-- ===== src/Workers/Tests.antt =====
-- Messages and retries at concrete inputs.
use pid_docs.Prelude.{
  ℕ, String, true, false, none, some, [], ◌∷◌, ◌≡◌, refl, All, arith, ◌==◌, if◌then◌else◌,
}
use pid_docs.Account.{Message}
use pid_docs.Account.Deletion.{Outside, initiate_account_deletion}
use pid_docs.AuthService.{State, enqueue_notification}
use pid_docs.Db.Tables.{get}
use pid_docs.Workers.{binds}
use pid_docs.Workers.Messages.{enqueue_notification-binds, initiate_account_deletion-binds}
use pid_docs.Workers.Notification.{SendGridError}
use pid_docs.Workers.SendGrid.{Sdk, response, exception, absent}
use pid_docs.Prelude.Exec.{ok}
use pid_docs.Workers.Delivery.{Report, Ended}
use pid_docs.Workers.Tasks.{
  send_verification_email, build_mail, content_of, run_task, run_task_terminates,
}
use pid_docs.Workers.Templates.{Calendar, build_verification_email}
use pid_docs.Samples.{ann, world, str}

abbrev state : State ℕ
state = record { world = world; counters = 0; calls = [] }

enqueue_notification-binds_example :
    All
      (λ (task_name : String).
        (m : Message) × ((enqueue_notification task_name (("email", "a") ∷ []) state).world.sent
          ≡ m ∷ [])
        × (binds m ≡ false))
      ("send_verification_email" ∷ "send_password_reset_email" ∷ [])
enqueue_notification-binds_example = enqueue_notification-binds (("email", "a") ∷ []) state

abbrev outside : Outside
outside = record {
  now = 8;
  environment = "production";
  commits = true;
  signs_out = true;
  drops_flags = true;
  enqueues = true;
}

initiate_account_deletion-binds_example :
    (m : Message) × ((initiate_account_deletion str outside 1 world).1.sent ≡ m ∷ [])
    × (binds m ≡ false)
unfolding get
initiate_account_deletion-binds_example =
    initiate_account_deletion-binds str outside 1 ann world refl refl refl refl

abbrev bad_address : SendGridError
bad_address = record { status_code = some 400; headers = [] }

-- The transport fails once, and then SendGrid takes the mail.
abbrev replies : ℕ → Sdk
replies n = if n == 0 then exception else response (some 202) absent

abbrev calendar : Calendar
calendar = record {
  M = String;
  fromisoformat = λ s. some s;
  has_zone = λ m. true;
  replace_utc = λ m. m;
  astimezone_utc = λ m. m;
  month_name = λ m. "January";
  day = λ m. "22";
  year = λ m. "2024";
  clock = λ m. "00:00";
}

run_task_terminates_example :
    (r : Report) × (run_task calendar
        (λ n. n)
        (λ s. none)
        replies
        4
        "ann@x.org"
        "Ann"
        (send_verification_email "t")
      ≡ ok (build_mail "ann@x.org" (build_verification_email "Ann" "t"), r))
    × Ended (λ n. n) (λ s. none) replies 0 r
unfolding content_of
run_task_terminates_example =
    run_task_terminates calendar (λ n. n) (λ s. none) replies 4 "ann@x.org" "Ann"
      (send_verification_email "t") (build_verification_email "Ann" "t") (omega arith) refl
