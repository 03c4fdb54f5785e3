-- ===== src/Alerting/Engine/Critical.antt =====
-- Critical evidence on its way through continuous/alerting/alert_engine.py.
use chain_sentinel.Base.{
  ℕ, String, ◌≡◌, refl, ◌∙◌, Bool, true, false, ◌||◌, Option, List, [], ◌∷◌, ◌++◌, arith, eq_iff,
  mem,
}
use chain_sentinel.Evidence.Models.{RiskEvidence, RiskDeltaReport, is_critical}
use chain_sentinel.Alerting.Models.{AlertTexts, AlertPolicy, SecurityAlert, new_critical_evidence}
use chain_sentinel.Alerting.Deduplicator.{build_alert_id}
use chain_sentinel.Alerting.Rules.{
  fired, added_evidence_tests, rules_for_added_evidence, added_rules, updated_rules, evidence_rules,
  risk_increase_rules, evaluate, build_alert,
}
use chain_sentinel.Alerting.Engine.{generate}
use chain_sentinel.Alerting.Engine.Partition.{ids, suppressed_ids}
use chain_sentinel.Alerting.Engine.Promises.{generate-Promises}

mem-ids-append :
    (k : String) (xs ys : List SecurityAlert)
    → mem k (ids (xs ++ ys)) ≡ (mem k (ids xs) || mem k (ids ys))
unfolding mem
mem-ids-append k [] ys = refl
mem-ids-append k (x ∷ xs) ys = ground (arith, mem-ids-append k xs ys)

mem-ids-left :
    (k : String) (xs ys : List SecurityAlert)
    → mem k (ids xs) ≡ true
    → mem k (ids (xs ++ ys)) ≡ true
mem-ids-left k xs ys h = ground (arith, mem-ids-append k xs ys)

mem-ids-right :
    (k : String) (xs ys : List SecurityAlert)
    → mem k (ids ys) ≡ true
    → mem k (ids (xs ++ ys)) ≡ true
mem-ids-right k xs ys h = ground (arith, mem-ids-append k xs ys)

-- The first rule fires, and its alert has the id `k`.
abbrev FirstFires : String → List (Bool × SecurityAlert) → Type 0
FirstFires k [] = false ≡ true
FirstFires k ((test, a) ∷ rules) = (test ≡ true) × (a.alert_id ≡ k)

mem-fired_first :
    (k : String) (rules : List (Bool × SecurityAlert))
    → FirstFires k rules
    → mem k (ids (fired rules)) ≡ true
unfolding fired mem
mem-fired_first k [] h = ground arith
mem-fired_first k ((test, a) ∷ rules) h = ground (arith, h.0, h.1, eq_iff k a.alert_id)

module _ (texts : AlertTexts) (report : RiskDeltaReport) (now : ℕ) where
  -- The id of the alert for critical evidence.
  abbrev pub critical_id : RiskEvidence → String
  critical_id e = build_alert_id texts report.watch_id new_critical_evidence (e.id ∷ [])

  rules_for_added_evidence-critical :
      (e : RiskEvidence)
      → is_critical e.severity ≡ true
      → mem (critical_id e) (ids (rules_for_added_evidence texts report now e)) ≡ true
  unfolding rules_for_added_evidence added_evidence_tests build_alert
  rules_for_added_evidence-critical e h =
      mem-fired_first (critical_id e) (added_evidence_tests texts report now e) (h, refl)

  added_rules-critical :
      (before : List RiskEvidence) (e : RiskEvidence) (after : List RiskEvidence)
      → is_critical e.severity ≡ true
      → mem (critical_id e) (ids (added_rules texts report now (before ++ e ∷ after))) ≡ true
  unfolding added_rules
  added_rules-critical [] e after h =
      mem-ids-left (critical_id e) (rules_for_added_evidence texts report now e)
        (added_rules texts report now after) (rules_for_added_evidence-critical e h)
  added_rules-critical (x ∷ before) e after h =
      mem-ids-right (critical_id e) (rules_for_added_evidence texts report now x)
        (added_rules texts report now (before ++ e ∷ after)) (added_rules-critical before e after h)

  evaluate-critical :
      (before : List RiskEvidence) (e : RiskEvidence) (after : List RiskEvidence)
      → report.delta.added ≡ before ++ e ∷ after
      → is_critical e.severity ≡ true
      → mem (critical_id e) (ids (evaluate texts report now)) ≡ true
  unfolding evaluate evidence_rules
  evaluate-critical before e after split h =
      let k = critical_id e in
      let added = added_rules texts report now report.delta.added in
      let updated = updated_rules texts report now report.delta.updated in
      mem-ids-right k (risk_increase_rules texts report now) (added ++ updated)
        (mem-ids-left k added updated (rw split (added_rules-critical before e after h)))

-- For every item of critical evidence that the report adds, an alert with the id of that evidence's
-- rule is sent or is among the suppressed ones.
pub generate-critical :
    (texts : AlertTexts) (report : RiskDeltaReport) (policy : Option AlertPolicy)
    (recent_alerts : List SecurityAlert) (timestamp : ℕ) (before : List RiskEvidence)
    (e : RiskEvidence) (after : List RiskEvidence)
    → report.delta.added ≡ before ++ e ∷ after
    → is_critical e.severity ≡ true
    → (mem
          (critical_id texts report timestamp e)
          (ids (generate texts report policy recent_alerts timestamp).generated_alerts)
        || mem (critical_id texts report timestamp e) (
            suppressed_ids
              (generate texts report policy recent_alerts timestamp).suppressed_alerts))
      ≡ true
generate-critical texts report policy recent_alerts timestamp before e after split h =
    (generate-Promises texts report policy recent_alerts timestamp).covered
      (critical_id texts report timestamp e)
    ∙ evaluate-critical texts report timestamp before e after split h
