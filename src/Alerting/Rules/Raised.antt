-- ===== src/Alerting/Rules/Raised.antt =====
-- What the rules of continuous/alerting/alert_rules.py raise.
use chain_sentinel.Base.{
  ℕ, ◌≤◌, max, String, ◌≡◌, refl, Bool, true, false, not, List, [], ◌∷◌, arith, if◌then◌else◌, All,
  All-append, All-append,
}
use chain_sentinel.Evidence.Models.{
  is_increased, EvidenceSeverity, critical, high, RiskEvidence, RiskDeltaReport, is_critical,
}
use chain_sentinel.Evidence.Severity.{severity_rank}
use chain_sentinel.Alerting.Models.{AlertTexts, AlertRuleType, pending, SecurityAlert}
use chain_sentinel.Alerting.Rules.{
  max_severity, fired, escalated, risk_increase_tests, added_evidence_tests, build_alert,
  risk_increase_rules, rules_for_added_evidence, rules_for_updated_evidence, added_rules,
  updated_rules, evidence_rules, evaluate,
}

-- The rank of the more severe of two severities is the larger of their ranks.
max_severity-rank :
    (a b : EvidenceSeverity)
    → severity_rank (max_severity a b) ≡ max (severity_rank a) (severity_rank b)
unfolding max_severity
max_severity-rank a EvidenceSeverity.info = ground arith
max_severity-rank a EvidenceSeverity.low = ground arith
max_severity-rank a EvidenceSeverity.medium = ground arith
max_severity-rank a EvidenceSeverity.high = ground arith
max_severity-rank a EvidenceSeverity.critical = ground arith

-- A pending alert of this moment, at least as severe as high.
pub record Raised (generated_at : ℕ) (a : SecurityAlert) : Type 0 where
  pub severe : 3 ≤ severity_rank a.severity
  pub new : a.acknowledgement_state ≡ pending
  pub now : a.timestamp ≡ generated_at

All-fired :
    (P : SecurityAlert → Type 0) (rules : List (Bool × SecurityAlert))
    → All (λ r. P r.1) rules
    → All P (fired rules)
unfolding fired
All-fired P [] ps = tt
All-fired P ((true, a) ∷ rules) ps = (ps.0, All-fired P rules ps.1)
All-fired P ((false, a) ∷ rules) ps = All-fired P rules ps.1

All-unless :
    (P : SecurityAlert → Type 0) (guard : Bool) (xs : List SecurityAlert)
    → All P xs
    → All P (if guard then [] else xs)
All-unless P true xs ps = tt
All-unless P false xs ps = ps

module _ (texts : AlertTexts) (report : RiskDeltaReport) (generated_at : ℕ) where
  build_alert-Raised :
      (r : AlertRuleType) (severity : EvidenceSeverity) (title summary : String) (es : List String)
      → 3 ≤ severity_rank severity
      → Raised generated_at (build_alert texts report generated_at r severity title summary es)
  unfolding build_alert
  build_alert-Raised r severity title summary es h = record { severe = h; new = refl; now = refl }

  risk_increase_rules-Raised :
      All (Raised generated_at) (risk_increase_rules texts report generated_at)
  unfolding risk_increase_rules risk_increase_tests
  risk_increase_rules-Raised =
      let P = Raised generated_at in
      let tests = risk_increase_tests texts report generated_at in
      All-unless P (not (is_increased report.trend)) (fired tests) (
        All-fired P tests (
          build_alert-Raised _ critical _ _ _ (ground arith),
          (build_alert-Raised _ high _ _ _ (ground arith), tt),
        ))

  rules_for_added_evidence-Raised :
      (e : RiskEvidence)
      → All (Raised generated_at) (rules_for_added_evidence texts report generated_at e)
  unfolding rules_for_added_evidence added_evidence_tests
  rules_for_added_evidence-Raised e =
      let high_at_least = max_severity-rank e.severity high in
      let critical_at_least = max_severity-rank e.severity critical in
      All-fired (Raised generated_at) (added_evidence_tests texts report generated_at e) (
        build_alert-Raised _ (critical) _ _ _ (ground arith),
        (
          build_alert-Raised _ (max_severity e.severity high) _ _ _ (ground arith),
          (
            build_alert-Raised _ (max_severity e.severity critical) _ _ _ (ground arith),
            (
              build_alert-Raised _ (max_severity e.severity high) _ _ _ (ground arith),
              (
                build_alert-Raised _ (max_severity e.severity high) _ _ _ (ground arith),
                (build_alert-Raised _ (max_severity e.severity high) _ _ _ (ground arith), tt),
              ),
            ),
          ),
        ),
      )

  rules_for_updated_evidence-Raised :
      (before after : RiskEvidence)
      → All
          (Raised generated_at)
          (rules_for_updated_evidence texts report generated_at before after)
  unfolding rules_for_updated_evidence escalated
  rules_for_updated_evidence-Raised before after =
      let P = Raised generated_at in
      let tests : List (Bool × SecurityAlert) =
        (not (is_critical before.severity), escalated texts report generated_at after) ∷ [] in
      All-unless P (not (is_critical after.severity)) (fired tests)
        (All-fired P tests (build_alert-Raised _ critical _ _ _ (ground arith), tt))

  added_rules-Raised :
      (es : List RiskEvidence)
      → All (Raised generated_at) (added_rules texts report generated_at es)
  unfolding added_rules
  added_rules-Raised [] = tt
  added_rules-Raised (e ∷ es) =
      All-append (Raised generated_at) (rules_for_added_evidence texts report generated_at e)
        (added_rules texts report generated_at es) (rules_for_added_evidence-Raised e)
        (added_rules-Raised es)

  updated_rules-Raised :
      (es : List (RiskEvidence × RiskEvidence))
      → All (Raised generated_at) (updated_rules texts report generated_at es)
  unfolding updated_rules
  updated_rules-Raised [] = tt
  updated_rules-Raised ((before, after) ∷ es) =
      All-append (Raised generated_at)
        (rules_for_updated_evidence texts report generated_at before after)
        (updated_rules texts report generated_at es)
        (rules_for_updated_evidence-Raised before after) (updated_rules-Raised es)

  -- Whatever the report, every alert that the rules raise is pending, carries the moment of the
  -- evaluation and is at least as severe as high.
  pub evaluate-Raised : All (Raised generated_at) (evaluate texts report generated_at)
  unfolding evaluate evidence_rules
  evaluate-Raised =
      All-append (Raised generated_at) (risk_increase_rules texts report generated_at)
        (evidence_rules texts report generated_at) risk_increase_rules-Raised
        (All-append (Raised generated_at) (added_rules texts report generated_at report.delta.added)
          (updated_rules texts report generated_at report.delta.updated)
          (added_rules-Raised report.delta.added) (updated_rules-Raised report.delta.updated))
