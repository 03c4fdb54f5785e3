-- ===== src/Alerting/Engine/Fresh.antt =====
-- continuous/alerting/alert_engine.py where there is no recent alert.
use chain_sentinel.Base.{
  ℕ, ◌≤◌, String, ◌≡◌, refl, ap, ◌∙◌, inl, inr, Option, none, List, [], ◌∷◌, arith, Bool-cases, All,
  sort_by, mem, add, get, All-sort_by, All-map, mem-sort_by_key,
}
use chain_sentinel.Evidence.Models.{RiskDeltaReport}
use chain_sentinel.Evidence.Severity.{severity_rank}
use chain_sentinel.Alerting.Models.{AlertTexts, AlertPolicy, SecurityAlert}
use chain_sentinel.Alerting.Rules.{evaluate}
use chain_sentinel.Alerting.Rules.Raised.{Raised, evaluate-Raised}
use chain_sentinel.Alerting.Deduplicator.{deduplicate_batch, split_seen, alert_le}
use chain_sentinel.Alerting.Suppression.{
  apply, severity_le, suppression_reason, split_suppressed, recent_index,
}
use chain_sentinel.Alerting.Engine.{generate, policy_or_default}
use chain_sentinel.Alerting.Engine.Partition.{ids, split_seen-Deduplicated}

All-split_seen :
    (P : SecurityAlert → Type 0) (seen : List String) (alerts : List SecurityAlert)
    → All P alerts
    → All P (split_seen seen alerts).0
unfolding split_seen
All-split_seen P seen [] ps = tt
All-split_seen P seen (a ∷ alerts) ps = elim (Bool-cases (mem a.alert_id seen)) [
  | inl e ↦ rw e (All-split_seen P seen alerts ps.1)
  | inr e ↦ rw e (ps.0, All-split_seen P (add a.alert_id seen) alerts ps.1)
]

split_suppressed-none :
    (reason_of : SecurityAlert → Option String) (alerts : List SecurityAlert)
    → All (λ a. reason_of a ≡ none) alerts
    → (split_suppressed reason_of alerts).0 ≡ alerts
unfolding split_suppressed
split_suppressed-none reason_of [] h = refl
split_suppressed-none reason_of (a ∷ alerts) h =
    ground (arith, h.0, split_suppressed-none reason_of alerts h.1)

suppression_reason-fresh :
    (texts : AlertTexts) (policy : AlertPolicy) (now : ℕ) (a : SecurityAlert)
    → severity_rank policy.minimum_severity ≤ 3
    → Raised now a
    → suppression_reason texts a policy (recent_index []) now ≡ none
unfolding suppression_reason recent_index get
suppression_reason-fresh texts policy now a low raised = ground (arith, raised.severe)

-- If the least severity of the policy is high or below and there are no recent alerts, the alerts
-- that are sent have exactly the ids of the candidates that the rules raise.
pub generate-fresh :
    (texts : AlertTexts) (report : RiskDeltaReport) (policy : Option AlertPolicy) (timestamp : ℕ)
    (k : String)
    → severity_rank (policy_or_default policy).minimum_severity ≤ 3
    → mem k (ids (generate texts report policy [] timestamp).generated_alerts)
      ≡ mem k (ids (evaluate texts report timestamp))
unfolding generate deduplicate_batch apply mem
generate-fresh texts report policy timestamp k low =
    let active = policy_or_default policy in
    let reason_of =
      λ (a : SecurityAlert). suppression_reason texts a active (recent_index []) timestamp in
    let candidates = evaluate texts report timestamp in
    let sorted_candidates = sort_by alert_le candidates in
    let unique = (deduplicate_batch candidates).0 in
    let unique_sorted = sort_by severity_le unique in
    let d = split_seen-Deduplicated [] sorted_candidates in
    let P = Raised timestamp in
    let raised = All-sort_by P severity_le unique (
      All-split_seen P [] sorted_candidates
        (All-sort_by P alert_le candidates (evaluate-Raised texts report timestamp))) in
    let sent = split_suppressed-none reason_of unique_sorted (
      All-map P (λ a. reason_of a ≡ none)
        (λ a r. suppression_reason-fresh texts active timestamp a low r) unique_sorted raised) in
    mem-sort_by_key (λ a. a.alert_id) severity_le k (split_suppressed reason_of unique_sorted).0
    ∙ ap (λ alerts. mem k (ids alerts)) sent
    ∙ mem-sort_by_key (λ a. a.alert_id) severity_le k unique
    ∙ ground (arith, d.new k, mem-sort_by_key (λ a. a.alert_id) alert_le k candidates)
====================
*Aim of the task*. Using the listing, filter for "right" and return the matching lines.

*Answer to this exercise*.
mem-ids-right :
mem-ids-right k xs ys h = ground (arith, mem-ids-append k xs ys)
      mem-ids-right (critical_id e) (rules_for_added_evidence texts report now x)
      mem-ids-right k (risk_increase_rules texts report now) (added ++ updated)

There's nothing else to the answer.